Wait, I'm confused. I am all in favor of Utah expanding the range for the CCR. I want them to put CCR in Boulder Creek for exactly the reasons you mention. I want Utah DWR to run the show and not the FFW exactly because I think it will improve the fishery.

Aside from being concerned that the Feds will close the fishery, a lack of concern for the litigation that may result (I don't think it is a waste at all if it is necessary), and the specific reason why the DWR is required to to continue the native cutt restoration work (I think the only "requirement" is good sense right now), I agree with everything you said. Are you sure you weren't referring to cklspencer?


----------



## brookieguy1

Large brook trout are and will always be a viable part of the Boulder Mountain fishery. If it somehow ever changes, it won't be from the reintroduction of CO cutts, but instead from not protecting to some extent their native range. The DWR needs to be applauded, not condemned.


----------



## Lost Coyote

Does anyone have any historic evidence that Colorado River Cuts ever live anywhere on the Boulder Mtn. above 9000 feet prior to their so called "re-introduction."

I got no problem with them in Boulder Creek, a got a big problem with them in the MAN_MADE lakes above 9000 feet where they could never have gotten, or lived historically...


----------



## Dodger

Lost Coyote said:


> Does anyone have any historic evidence that Colorado River Cuts ever live anywhere on the Boulder Mtn. above 9000 feet prior to their so called "re-introduction."
> 
> I got no problem with them in Boulder Creek, a got a big problem with them in the MAN_MADE lakes above 9000 feet where they could never have gotten, or lived historically...
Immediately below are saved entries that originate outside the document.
-- ===== src/Dns/Server/Names.antt =====
-- Which names internal/dns/handler.go denies.
use lamund.Prelude.{
  ℕ, ◌≡◌, refl, ◌≢◌, ◌⊎◌, inl, inr, Bool, true, false, not, ◌||◌, Option, none, some, List, [], ◌∷◌,
  ◌++◌, arith, ◌==◌, if◌then◌else◌, Bool-cases, Bytes, codes, beq, beq_iff, lookup,
}
use lamund.Dns.Types.{NameLib, Rr, DnsRecord, type_any, type_cname}
use lamund.Dns.Zones.{Zone, zone_soa, zone_match}
use lamund.Dns.Server.{
  Msg, success, name_error, reply, negative, by_cname, by_records, by_ns, answer_in, or_next,
}

module _ (lib : NameLib) (zone : Zone) (qname : Bytes) where
  abbrev is_some : Option (List DnsRecord) → Bool
  is_some none = false
  is_some (some r) = true

  abbrev wildcard : Bytes
  wildcard = codes "*." ++ lib.fqdn zone.apex

  -- The zone has records for the name or for its wildcard.
  abbrev pub is_known : Bool
  is_known = is_some (lookup qname zone.records) || is_some (lookup wildcard zone.records)

  match-known : (qtype : ℕ) → (zone_match lib zone qname qtype).1 ≡ is_known
  unfolding zone_match
  match-known qtype = ground arith

  match-unknown : (qtype : ℕ) → is_known ≡ false → (zone_match lib zone qname qtype).0 ≡ []
  unfolding zone_match
  match-unknown qtype h = ground arith

  -- The code and the authority section that go with an answer section.
  abbrev Coded : Msg → Type 0
  Coded m =
      (m.rcode ≡ (if is_known then success else name_error))
      × ((m.answer ≢ []) ⊎ (m.authority ≡ zone_soa lib zone ∷ []))

  negative-Coded : Coded (negative lib zone is_known reply)
  unfolding negative
  negative-Coded = (ground arith, inr refl)

  or_next-Coded :
      (rrs : List Rr) (next : Msg)
      → (is_known ≡ false → rrs ≡ [])
      → Coded next
      → Coded (or_next lib rrs next reply)
  or_next-Coded [] next h k = k
  or_next-Coded (rr ∷ rrs) next h k = (ground arith, inl (λ e. cc))

  by_records-Coded : (qtype : ℕ) → Coded (by_records lib zone qname qtype reply)
  unfolding by_records by_cname
  by_records-Coded qtype = rw (match-known qtype) (
      or_next-Coded _ _ (match-unknown qtype) (elim (Bool-cases (not (qtype == type_cname))) [
        | inl other ↦ rw other (or_next-Coded _ _ (match-unknown type_cname) negative-Coded)
        | inr same ↦ rw same negative-Coded
      ]))

  -- A name below the apex is denied exactly if the zone has records neither for it nor for the
  -- wildcard, whatever the type, ANY set apart. An empty answer comes with the SOA of the zone.
  pub answer_in-Coded :
      (qtype : ℕ)
      → qname ≢ lib.fqdn zone.apex
      → qtype ≢ type_any
      → ((answer_in lib zone qname qtype reply).rcode ≡ (if is_known then success else name_error))
        × (((answer_in lib zone qname qtype reply).answer ≢ [])
            ⊎ ((answer_in lib zone qname qtype reply).authority ≡ zone_soa lib zone ∷ []))
  unfolding answer_in by_ns
  answer_in-Coded qtype below specific =
      let other : beq qname (lib.fqdn zone.apex) ≡ false =
        ground (arith, beq_iff qname (lib.fqdn zone.apex)) in
      let typed : (qtype == type_any) ≡ false = ground arith in
      rw (typed, other) (by_records-Coded qtype)
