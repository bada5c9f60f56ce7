-- ===== src/Dns/Zones/Find.antt =====
-- Zones.Find of internal/dns/zones.go finds the longest hosted suffix of a name.
use mathlib.Core.Path.{subst}
use lamund.Prelude.{
  ℕ, zero, suc, ◌≤◌, ◌<◌, ◌≡◌, refl, sym, ◌⊎◌, inl, inr, Option, none, some, [], ◌∷◌, ◌++◌,
  append_assoc, arith, ◌==◌, Bool-cases, Option-cases, Bytes, length, length-append, lookup,
}
use lamund.Dns.Zones.{Zone, Snapshot, after_dot, find_from, find_zone}

-- `s` is the name, or what stands behind one of its dots.
abbrev pub IsSuffix : Bytes → Bytes → Type 0
IsSuffix name s = (name ≡ s) ⊎ ((p : Bytes) × (name ≡ p ++ b'.' ∷ s))

length-after_dot : (name rest : Bytes) → after_dot name ≡ some rest → length rest < length name
unfolding after_dot
length-after_dot [] rest h = cc
length-after_dot (c ∷ []) rest h = cc
length-after_dot (c ∷ d ∷ s) rest h = ground (arith, length-after_dot (d ∷ s) rest)

suffix_of_rest :
    (name rest : Bytes) → after_dot name ≡ some rest → (p : Bytes) × (name ≡ p ++ b'.' ∷ rest)
unfolding after_dot
suffix_of_rest [] rest h = cc
suffix_of_rest (c ∷ []) rest h = cc
suffix_of_rest (c ∷ d ∷ s) rest h = elim (Bool-cases (c == b'.')) [
  | inl dot ↦ ([], ground arith)
  | inr other ↦ let (p, e) = suffix_of_rest (d ∷ s) rest (rw other at h) in (c ∷ p, cc)
]

-- Every nonempty suffix is the name itself or a suffix of what stands behind the first dot.
suffix_split :
    (d : ℕ) (s p : Bytes)
    → (rest : Bytes) × (after_dot (p ++ b'.' ∷ d ∷ s) ≡ some rest) × IsSuffix rest (d ∷ s)
unfolding after_dot
suffix_split d s [] = (d ∷ s, refl, inl refl)
suffix_split d s (c ∷ []) = elim (Bool-cases (c == b'.')) [
  | inl dot ↦ (b'.' ∷ d ∷ s, rw dot, inr ([], refl))
  | inr other ↦ (d ∷ s, rw other, inl refl)
]
suffix_split d s (c ∷ q ∷ p) = elim (Bool-cases (c == b'.')) [
  | inl dot ↦ (q ∷ (p ++ b'.' ∷ d ∷ s), rw dot, inr (q ∷ p, refl))
  | inr other ↦ let (rest, e, k) = suffix_split d s (q ∷ p) in (rest, rw other e, k)
]

-- The longest suffix that is hosted is the zone; without one there is none.
abbrev pub IsLongest : Snapshot → Bytes → Option Zone → Type 0
IsLongest snap name none = (d : ℕ) (s : Bytes) → IsSuffix name (d ∷ s) → lookup (d ∷ s) snap ≡ none
IsLongest snap name (some z) =
    (t : Bytes) × IsSuffix name t
    × (lookup t snap ≡ some z)
    × ((d : ℕ) (s : Bytes)
        → IsSuffix name (d ∷ s)
        → length t < length (d ∷ s)
        → lookup (d ∷ s) snap ≡ none)

suffix_trans :
    (name rest s : Bytes) (p : Bytes) → name ≡ p ++ b'.' ∷ rest → IsSuffix rest s → IsSuffix name s
suffix_trans name rest s p e (inl same) = inr (p, rw (← same) e)
suffix_trans name rest s p e (inr (q, k)) =
    inr (p ++ b'.' ∷ q, rw (e, k) (sym (append_assoc p (b'.' ∷ q) (b'.' ∷ s))))

-- A suffix of a name without hosts at itself lies behind the first dot.
lookup_behind :
    (snap : Snapshot) (name rest : Bytes) (d : ℕ) (s : Bytes)
    → lookup name snap ≡ none
    → after_dot name ≡ some rest
    → IsSuffix name (d ∷ s)
    → (lookup (d ∷ s) snap ≡ none) ⊎ IsSuffix rest (d ∷ s)
lookup_behind snap name rest d s missing next (inl same) = inl (rw (← same) missing)
lookup_behind snap name rest d s missing next (inr (p, e)) =
    let (rest', next', k) = suffix_split d s p in
    let same : rest' ≡ rest = cc (e, next', next) in inr (subst (λ x. IsSuffix x (d ∷ s)) same k)

lookup-none :
    (snap : Snapshot) (name : Bytes) (d : ℕ) (s : Bytes)
    → lookup name snap ≡ none
    → after_dot name ≡ none
    → IsSuffix name (d ∷ s)
    → lookup (d ∷ s) snap ≡ none
lookup-none snap name d s missing last (inl same) = rw (← same) missing
lookup-none snap name d s missing last (inr (p, e)) =
    let (rest', next', k) = suffix_split d s p in cc (next', e, last)

length-suffix : (name s : Bytes) → IsSuffix name s → length s ≤ length name
length-suffix name s (inl same) = rw same (omega arith)
length-suffix name s (inr (p, e)) = rw e (omega (arith, length-append p (b'.' ∷ s)))

-- What holds behind the first dot holds of a name that is not hosted itself.
IsLongest-behind :
    (snap : Snapshot) (name rest : Bytes) (o : Option Zone)
    → lookup name snap ≡ none
    → after_dot name ≡ some rest
    → IsLongest snap rest o
    → IsLongest snap name o
IsLongest-behind snap name rest none missing next h =
    λ d s k. elim (lookup_behind snap name rest d s missing next k) [ inl q ↦ q | inr j ↦ h d s j ]
IsLongest-behind snap name rest (some z) missing next (t, k, hosted, h) =
    let (p, e) = suffix_of_rest name rest next in
    (
      t,
      suffix_trans name rest t p e k,
      hosted,
      λ d s j longer. elim (lookup_behind snap name rest d s missing next j) [
        | inl q ↦ q
        | inr i ↦ h d s i longer
      ],
    )

find_from-hit :
    (fuel : ℕ) (snap : Snapshot) (name : Bytes) (z : Zone)
    → lookup name snap ≡ some z
    → find_from (suc fuel) snap name ≡ some z
unfolding find_from
find_from-hit fuel snap name z h = ground arith

find_from-last :
    (fuel : ℕ) (snap : Snapshot) (name : Bytes)
    → lookup name snap ≡ none
    → after_dot name ≡ none
    → find_from (suc fuel) snap name ≡ none
unfolding find_from
find_from-last fuel snap name h k = ground arith

find_from-next :
    (fuel : ℕ) (snap : Snapshot) (name rest : Bytes)
    → lookup name snap ≡ none
    → after_dot name ≡ some rest
    → find_from (suc fuel) snap name ≡ find_from fuel snap rest
unfolding find_from
find_from-next fuel snap name rest h k = ground arith

find_from-IsLongest :
    (fuel : ℕ) (snap : Snapshot) (name : Bytes)
    → length name < fuel
    → IsLongest snap name (find_from fuel snap name)
find_from-IsLongest zero snap name h = absurd (omega arith)
find_from-IsLongest (suc fuel) snap name h = elim (Option-cases (lookup name snap)) [
  | inr (z, hosted) ↦
      subst (IsLongest snap name) (sym (find_from-hit fuel snap name z hosted)) (
        name,
        inl refl,
        hosted,
        λ d s k longer. absurd (omega (arith, length-suffix name (d ∷ s) k)),
      )
  | inl missing ↦ elim (Option-cases (after_dot name)) [
    | inl last ↦
        subst (IsLongest snap name) (sym (find_from-last fuel snap name missing last))
          (λ d s k. lookup-none snap name d s missing last k)
    | inr (rest, next) ↦
        subst (IsLongest snap name) (sym (find_from-next fuel snap name rest missing next)) (
          IsLongest-behind snap name rest _ missing next
            (find_from-IsLongest fuel snap rest (omega (arith, length-after_dot name rest next))))
  ]
]

-- The zone of a name is the hosted suffix with the most labels. There is none exactly if no suffix
-- behind a dot, nor the name, is hosted.
pub find_zone-IsLongest :
    (snap : Snapshot) (name : Bytes) → IsLongest snap name (find_zone snap name)
unfolding find_zone
find_zone-IsLongest snap name = find_from-IsLongest (suc (length name)) snap name (omega arith)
That doesn't really make sense. You would rather see a lake that is naturally fishless remain fishless just because fish couldn't have gotten to the lake or lived there historically?

What about when the only reason fish could not live there happily and healthy for no other reason than they could not physically get to the lake?

Also, what you are saying doesn't jive with the Endangered Species Act. The ESA is only interested in historic RANGE, not where the fish actually lived historically.


----------



## Lost Coyote

> That doesn't really make sense. You would rather see a lake that is naturally fishless remain fishless just because fish couldn't have gotten to the lake or lived there historically?
> 
> What about when the only reason fish could not live there happily and healthy for no other reason than they could not physically get to the lake?
> 
> Also, what you are saying doesn't jive with the Endangered Species Act. The ESA is only interested in historic RANGE, not where the fish actually lived historically.


You've proved my point!

Look, I don't want to see prime habitat for trout to go fishless, I love fishing for brooke trout on the boulder mountain...we have the best Brook trout fishery in the nation, you can catch lots of fish in some lakes and you can catch abnormally large fish in others...it's the perfect situation!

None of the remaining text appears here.